QOの金額はまだ確定していないが、2000万ドル(約27億9000万円)前後だろう。しかも、大谷が手にする新たな契約の総額は、5億ドル(約698億円)~6億ドル(約837億円)に達してもおかしくない。

 ちなみに、契約のMLB史上最高総額は、マイク・トラウト(エンゼルス)の12年4億2650万ドル(2019年~2030年/年平均3554万1667ドル)だ。延長契約を除き、FAになった選手の契約に限ると、アーロン・ジャッジ(ニューヨーク・ヤンキース)の9年3億6000万ドル(2023年~2031年/年平均4000万ドル)が最も高い。

【再契約の道は残っている?】

 断られるのがわかっているにもかかわらず、エンゼルスがQOを申し出るのは、大谷がいなくなった際の補償を得るためだ。大谷がQOを断り、他球団と契約を交わすと、エンゼルスは翌年のドラフト指名権をひとつもらえる。QOを申し出ていないと、補償はゼロだ。

 たとえば昨オフ、ウィルソン・コントレラスはシカゴ・カブスからFAとなり、QOを断ったあと、セントルイス・カージナルスに入団した。契約は5年8750万ドル(2023年~2027年/年平均1750万ドル)だ。

 それによりカブスは、今年のドラフトで3巡目の前に位置する指名権(全体68位)を与えられた。一方、コントレラスを手に入れたカージナルスは2巡目の指名権を失った。
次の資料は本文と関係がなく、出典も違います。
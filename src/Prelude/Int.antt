-- ===== src/Prelude/Int.antt =====
-- Signed integers over the native numbers.
use foxrouters.Prelude.Tests.{leb, if◌then◌else◌, nat_beq}
use Prim.Native.Nat.{ℕ, zero, suc, ◌+◌, ◌-◌, ◌%◌, ◌^◌}
use mathlib.Core.Bool.{Bool, true, false}
use foxrouters.Prelude.{◌<◌, ◌≡◌, arith}

-- `negsuc n` is -(n + 1).
pub data ℤ : Type 0 where
  pos : ℕ → ℤ
  negsuc : ℕ → ℤ

-- `z > 0`, `z >= 0`
abbrev pub is_positive : ℤ → Bool
is_positive (pos n) = leb 1 n
is_positive (negsuc n) = false

abbrev pub is_nonneg : ℤ → Bool
is_nonneg (pos n) = true
is_nonneg (negsuc n) = false

-- The value, or 0 for a negative one.
abbrev pub to_nat : ℤ → ℕ
to_nat (pos n) = n
to_nat (negsuc n) = 0

-- `z - 1` of an int64, which wraps at the least one.
abbrev pub sub_one_i64 : ℤ → ℤ
sub_one_i64 (pos zero) = negsuc 0
sub_one_i64 (pos (suc n)) = pos n
sub_one_i64 (negsuc n) = if nat_beq n (2 ^ 63 - 1) then pos (2 ^ 63 - 1) else negsuc (n + 1)

-- -n
abbrev pub neg : ℕ → ℤ
neg zero = pos 0
neg (suc n) = negsuc n

-- Go's `%`: the remainder has the sign of the dividend.
abbrev pub rem : ℤ → ℕ → ℤ
rem (pos n) m = pos (n % m)
rem (negsuc n) m = neg ((n + 1) % m)

-- `if idx < 0 { idx += m }; xs[idx]` at 0 < m, for an `idx` above -m
abbrev pub wrap_index : ℤ → ℕ → ℕ
wrap_index (pos n) m = n
wrap_index (negsuc n) m = m - (n + 1)

-- `a <= b`
abbrev pub leb_int : ℤ → ℤ → Bool
leb_int (pos a) (pos b) = leb a b
leb_int (pos a) (negsuc b) = false
leb_int (negsuc a) (pos b) = true
leb_int (negsuc a) (negsuc b) = leb b a

-- The two's complement of an int64, and the number that a pattern of 64 bits stands for.
abbrev pub word_of : ℤ → ℕ
word_of (pos n) = n % 2 ^ 64
word_of (negsuc n) = 2 ^ 64 - 1 - n % 2 ^ 64

abbrev pub int_of : ℕ → ℤ
int_of w = if leb (2 ^ 63) w then negsuc (2 ^ 64 - 1 - w) else pos w

-- `a + b` on int64, which wraps.
unfoldable pub add_i64 : ℤ → ℤ → ℤ
add_i64 a b = int_of ((word_of a + word_of b) % 2 ^ 64)

pub add_i64_exact : (a b : ℕ) → a + b < 2 ^ 63 → add_i64 (pos a) (pos b) ≡ pos (a + b)
unfolding add_i64
add_i64_exact a b h = ground arith

pub rem-lt : (a n : ℕ) → 0 < n → a % n < n
rem-lt a n h = grind arith

pub wrap_index-lt : (z : ℤ) (n : ℕ) → 0 < n → wrap_index (rem z n) n < n
wrap_index-lt (pos a) n h = rem-lt a n h
wrap_index-lt (negsuc a) n h = neg-lt ((a + 1) % n) (rem-lt (a + 1) n h)
  where
    neg-lt : (k : ℕ) → k < n → wrap_index (neg k) n < n
    neg-lt zero h = h
    neg-lt (suc k) h = omega arith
 エンゼルスは大谷にQOを断られても、再契約の道は残る。

 昨オフにQOを断った12人のうち、ジャッジとアンソニー・リゾ(ヤンキース)、ブランドン・ニモ(ニューヨーク・メッツ)の3人は、それまで在籍していた球団と再契約を交わした。

 一方、残りのシーズンをエンゼルスで過ごすシナリオと比べると、こちらが実現する可能性は高くないものの、今夏のトレードで他球団へ移籍した場合も、大谷はオフにFAとなる。

 その移籍先の球団とシーズンが終わる前の延長契約がまずないのは、エンゼルスが大谷を放出しない時と同様の理由だ。入団交渉の相手が1球団ではなく複数の球団となれば、競争の原理が働き、大谷はより好条件の契約を得ることができる。
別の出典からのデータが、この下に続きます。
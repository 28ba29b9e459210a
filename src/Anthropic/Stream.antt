-- ===== src/Anthropic/Stream.antt =====
-- internal/handlers/anthropic.go, streamWriter: chat completion chunks in, Anthropic events out. The
-- Go struct is two records here: what the frames change, and what the bytes change.
pub mod Chunks
pub mod Grammar
pub mod Begun
pub mod Blocks
pub mod Steps
pub mod ToolSteps
pub mod ToolBlocks
pub mod ToolCalls
pub mod Contents
pub mod Sorting
pub mod Ending
pub mod Complete
pub mod Bytes
pub mod Texts
pub mod Delivery
pub mod Writes
pub mod Response
pub mod Late
use foxrouters.Prelude.{
  if◌then◌else◌, ltb, nat_beq, is_empty, codes, Str, str_eq, ℕ, ◌+◌, Bool, true, false, not, ◌&&◌,
  ◌||◌, Option, none, some, List, [], ◌∷◌, ◌++◌,
}
use foxrouters.Prelude.Int.{ℤ, negsuc, pos}

-- A text block, or a tool_use block with its id and name.
pub data BlockKind : Type 0 where
  text_block : BlockKind
  tool_use : Str → Str → BlockKind

-- A text_delta or an input_json_delta.
pub data Delta : Type 0 where
  text_delta : Str → Delta
  input_json_delta : Str → Delta

-- What emitEvent sends. The id, the model and the constants of message_start are left out.
pub data SseEvent : Type 0 where
  message_start : SseEvent
  content_block_start : ℕ → BlockKind → SseEvent
  content_block_delta : ℕ → Delta → SseEvent
  content_block_stop : ℕ → SseEvent
  message_delta : Str → ℤ → SseEvent
  message_stop : SseEvent

-- streamToolBlock, with the index that is its key in `toolBlocks`.
pub record StreamToolBlock : Type 0 where
  pub openai_idx : ℤ
  pub anthropic_idx : ℕ
  pub id : Str
  pub name : Str
  pub started : Bool
  pub closed : Bool

-- `sent` are the events on the wire.
pub record StreamWriter : Type 0 where
  pub started : Bool
  pub text_open : Bool
  pub text_closed : Bool
  pub stopped : Bool
  pub finish : Str
  pub input_toks : ℤ
  pub output_toks : ℤ
  pub text_buf : Str
  pub tool_blocks : List StreamToolBlock
  pub next_block_idx : ℕ
  pub sent : List SseEvent

unfoldable pub new_stream_writer : StreamWriter
new_stream_writer = record {
  started = false;
  text_open = false;
  text_closed = false;
  stopped = false;
  finish = [];
  input_toks = pos 0;
  output_toks = pos 0;
  text_buf = [];
  tool_blocks = [];
  next_block_idx = 1;
  sent = [];
}

unfoldable pub emit_event : SseEvent → StreamWriter → StreamWriter
emit_event e w = record w { sent = w.sent ++ (e ∷ []) }

unfoldable pub ensure_start : StreamWriter → StreamWriter
unfolding emit_event
ensure_start w = if w.started then w else emit_event message_start (record w { started = true })

unfoldable pub ensure_text_block : StreamWriter → StreamWriter
unfolding emit_event
ensure_text_block w =
    if w.text_open
    then w
    else emit_event (content_block_start 0 text_block) (record w { text_open = true })

unfoldable pub close_text_block : StreamWriter → StreamWriter
unfolding emit_event
close_text_block w =
    if not w.text_open || w.text_closed
    then w
    else emit_event (content_block_stop 0) (record w { text_closed = true })

unfoldable pub int_beq : ℤ → ℤ → Bool
int_beq (pos a) (pos b) = nat_beq a b
int_beq (pos a) (negsuc b) = false
int_beq (negsuc a) (pos b) = false
int_beq (negsuc a) (negsuc b) = nat_beq a b

-- `w.toolBlocks[idx]`, and a write through the pointer that is there.
unfoldable pub find_tool : ℤ → List StreamToolBlock → Option StreamToolBlock
find_tool idx [] = none
find_tool idx (tb ∷ bs) =
    let rest = find_tool idx bs in if int_beq tb.openai_idx idx then some tb else rest

unfoldable pub set_tool : StreamToolBlock → List StreamToolBlock → List StreamToolBlock
set_tool new [] = []
set_tool new (tb ∷ bs) =
    let rest = set_tool new bs in
    if int_beq tb.openai_idx new.openai_idx then new ∷ bs else tb ∷ rest

-- The block of an index, which is made if there is none.
unfoldable pub create_tool :
    ℤ → Option StreamToolBlock → StreamWriter → StreamWriter × StreamToolBlock
create_tool idx (some tb) w = (w, tb)
create_tool idx none w =
    let tb : StreamToolBlock = record {
      openai_idx = idx;
      anthropic_idx = w.next_block_idx;
      id = [];
      name = [];
      started = false;
      closed = false;
    } in
    (
      record w { tool_blocks = w.tool_blocks ++ (tb ∷ []); next_block_idx = w.next_block_idx + 1 },
      tb,
    )

-- The id and the name are taken once.
unfoldable pub name_tool : Str → Str → StreamToolBlock → StreamToolBlock
name_tool id name tb = record tb {
  id = if not (str_eq id []) && str_eq tb.id [] then id else tb.id;
  name = if not (str_eq name []) && str_eq tb.name [] then name else tb.name;
}

unfoldable pub store_tool : StreamToolBlock → StreamWriter → StreamWriter
store_tool tb w = record w { tool_blocks = set_tool tb w.tool_blocks }

-- Opens the block once it has a name; the text block is closed before.
unfoldable pub open_tool : StreamToolBlock → StreamWriter → StreamWriter × StreamToolBlock
unfolding emit_event store_tool
open_tool tb w =
    let tb' : StreamToolBlock = record tb { started = true } in
    if not tb.started && not (str_eq tb.name [])
    then (
      emit_event (content_block_start tb.anthropic_idx (tool_use tb.id tb.name))
          (store_tool tb' (close_text_block w)),
      tb',
    )
    else (store_tool tb w, tb)

unfoldable pub ensure_tool_block : ℤ → Str → Str → StreamWriter → StreamWriter × StreamToolBlock
ensure_tool_block idx id name w =
    let (w', tb) = create_tool idx (find_tool idx w.tool_blocks) w in
    open_tool (name_tool id name tb) w'

unfoldable pub close_tool_block : StreamToolBlock → StreamWriter → StreamWriter
unfolding emit_event store_tool
close_tool_block tb w =
    if not tb.started || tb.closed
    then w
    else emit_event (content_block_stop tb.anthropic_idx)
        (store_tool (record tb { closed = true }) w)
 また、移籍後にFAになった大谷は、QOとは無関係だ。

 球団がQOを申し出ることができるのは、過去にどの球団からもQOを申し出られたことがなく、FAになるまでシーズンを通してその球団にいた選手に限られる。エンゼルスから移籍すれば、大谷は後者に該当しないので、QOの対象から外れる。

 かつてはルールが異なり、何度かQOを申し出られた選手もいた。ヤンキース時代の黒田博樹は2012年のオフと2013年のオフに続けてQOを提示され、どちらも断ったあとに1年契約でヤンキースへ戻っている。

【ナ・リーグ移籍でも本塁打王?】

 移籍を経てFAになってからの大谷の動きは、トレードで移籍せずにエンゼルスからのQOを断ったあとと同じだ。移籍先の球団、エンゼルス、それ以外の球団、いずれとも交渉できる。
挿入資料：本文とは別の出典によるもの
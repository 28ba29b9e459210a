-- ===== src/Anthropic/Stream/Chunks.antt =====
-- internal/handlers/anthropic.go, streamWriter: what a chunk does, and the end of the stream.
use foxrouters.Anthropic.Stream.{
  ensure_tool_block, content_block_delta, text_delta, close_tool_block, emit_event, message_delta,
  ensure_text_block, StreamWriter, StreamToolBlock, message_stop, input_json_delta, ensure_start,
  close_text_block,
}
use foxrouters.Prelude.{
  if◌then◌else◌, ltb, is_empty, Str, str_eq, codes, true, not, ◌&&◌, ◌||◌, Option, none, some, List,
  [], ◌∷◌, ◌++◌,
}
use foxrouters.Prelude.Int.{ℤ}

-- What a chunk has that is read: the first choice, and the usage.
pub record ToolDelta : Type 0 where
  pub index : ℤ
  pub id : Str
  pub name : Str
  pub arguments : Str

pub record Choice : Type 0 where
  pub content : Str
  pub tool_calls : List ToolDelta
  pub finish_reason : Option Str

pub record Chunk : Type 0 where
  pub choice : Option Choice
  pub usage : Option (ℤ × ℤ)

unfoldable pub on_content : Str → StreamWriter → StreamWriter
unfolding emit_event
on_content s w =
    let w' = ensure_text_block (ensure_start w) in
    if str_eq s []
    then w
    else emit_event (content_block_delta 0 (text_delta s))
        (record w' { text_buf = w'.text_buf ++ s })

unfoldable pub on_tool : ToolDelta → StreamWriter → StreamWriter
unfolding emit_event
on_tool tc w =
    let (w', tb) = ensure_tool_block tc.index tc.id tc.name (ensure_start w) in
    if not (str_eq tc.arguments []) && tb.started
    then emit_event (content_block_delta tb.anthropic_idx (input_json_delta tc.arguments)) w'
    else w'

unfoldable pub on_tools : List ToolDelta → StreamWriter → StreamWriter
on_tools [] w = w
on_tools (tc ∷ tcs) w = on_tools tcs (on_tool tc w)

unfoldable pub on_finish : Option Str → StreamWriter → StreamWriter
on_finish none w = w
on_finish (some r) w = if str_eq r [] then w else record w { finish = r }

unfoldable pub on_usage : Option (ℤ × ℤ) → StreamWriter → StreamWriter
on_usage none w = w
on_usage (some (prompt, completion)) w = record w { input_toks = prompt; output_toks = completion }

unfoldable pub on_choice : Option Choice → StreamWriter → StreamWriter
on_choice none w = w
on_choice (some ch) w =
    on_finish ch.finish_reason (on_tools ch.tool_calls (on_content ch.content w))

unfoldable pub on_chunk : Chunk → StreamWriter → StreamWriter
on_chunk c w = on_choice c.choice (on_usage c.usage w)

unfoldable pub map_stop_reason : Str → Str
map_stop_reason r =
    if str_eq r (codes "stop")
    then codes "end_turn"
    else if str_eq r (codes "length")
    then codes "max_tokens"
    else if str_eq r (codes "content_filter")
    then codes "stop_sequence"
    else if str_eq r (codes "tool_calls") || str_eq r (codes "function_call")
    then codes "tool_use"
    else codes "end_turn"

-- The insertion sort of finalize, by the index of the block.
unfoldable pub insert_block : StreamToolBlock → List StreamToolBlock → List StreamToolBlock
insert_block tb [] = tb ∷ []
insert_block tb (b ∷ bs) =
    let rest = insert_block tb bs in
    if ltb tb.anthropic_idx b.anthropic_idx then tb ∷ b ∷ bs else b ∷ rest

unfoldable pub sort_blocks : List StreamToolBlock → List StreamToolBlock → List StreamToolBlock
sort_blocks done [] = done
sort_blocks done (tb ∷ bs) = sort_blocks (insert_block tb done) bs

unfoldable pub close_tools : List StreamToolBlock → StreamWriter → StreamWriter
close_tools [] w = w
close_tools (tb ∷ bs) w = close_tools bs (close_tool_block tb w)

unfoldable pub finalize : StreamWriter → StreamWriter
unfolding emit_event
finalize w =
    let w1 = ensure_start w in
    let w2 = if not w1.text_open && is_empty w1.tool_blocks then ensure_text_block w1 else w1 in
    let w3 = close_text_block (record w2 { stopped = true }) in
    let w4 = close_tools (sort_blocks [] w3.tool_blocks) w3 in
    if w.stopped
    then w
    else emit_event message_stop
        (emit_event (message_delta (map_stop_reason w4.finish) w4.output_toks) w4)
 夏のトレードで放出され、オフにその球団に戻った例としては、アロルディス・チャップマン(現テキサス・レンジャーズ)が記憶に新しい。

 2016年の夏、低迷していたヤンキースはFA直前のチャップマンをシカゴ・カブスへ放出し、グレイバー・トーレスら4人を獲得した。

その秋にカブスでワールドシリーズ優勝メンバーとなったチャップマンは、オフに5年8600万ドル(2017年~2021年/年平均1720万ドル)の契約でヤンキースへ戻った。

 なお、大谷がトレードで移籍しなかった場合と移籍した場合を比べると、ポストシーズン初出場の可能性は後者のほうが高まりそうだ。現時点のエンゼルスは、ポストシーズン進出圏外にいる。ポストシーズンまでエンゼルスより遠い位置の球団が、大谷を獲得しようとするとは考えにくい。

 大谷を入手すれば、投打とも大きなプラスになるとはいえ、保有できるのはFAまでの数カ月にすぎない。"レンタル・プレーヤー"である大谷の見返りに、エンゼルスが求めるであろうプロスペクト(若手有望株)を手放すのは、かなりのリスクを伴う。

 なお、ア・リーグのエンゼルスからナ・リーグの球団に移籍すると、大谷がタイトルを獲得する可能性は低くなる。各リーグで記録したスタッツによりタイトル・ホルダーは決まるからだ。

 もっとも、仮にナ・リーグの球団に移ったとしても、移籍までのホームランの本数がシーズン終了の時点でもア・リーグ最多のままなら、大谷はナ・リーグの球団にいながらア・リーグの本塁打王となる。さらに、移籍前のパフォーマンスだけでア・リーグのMVPを受賞することも、あり得なくはなさそうだ。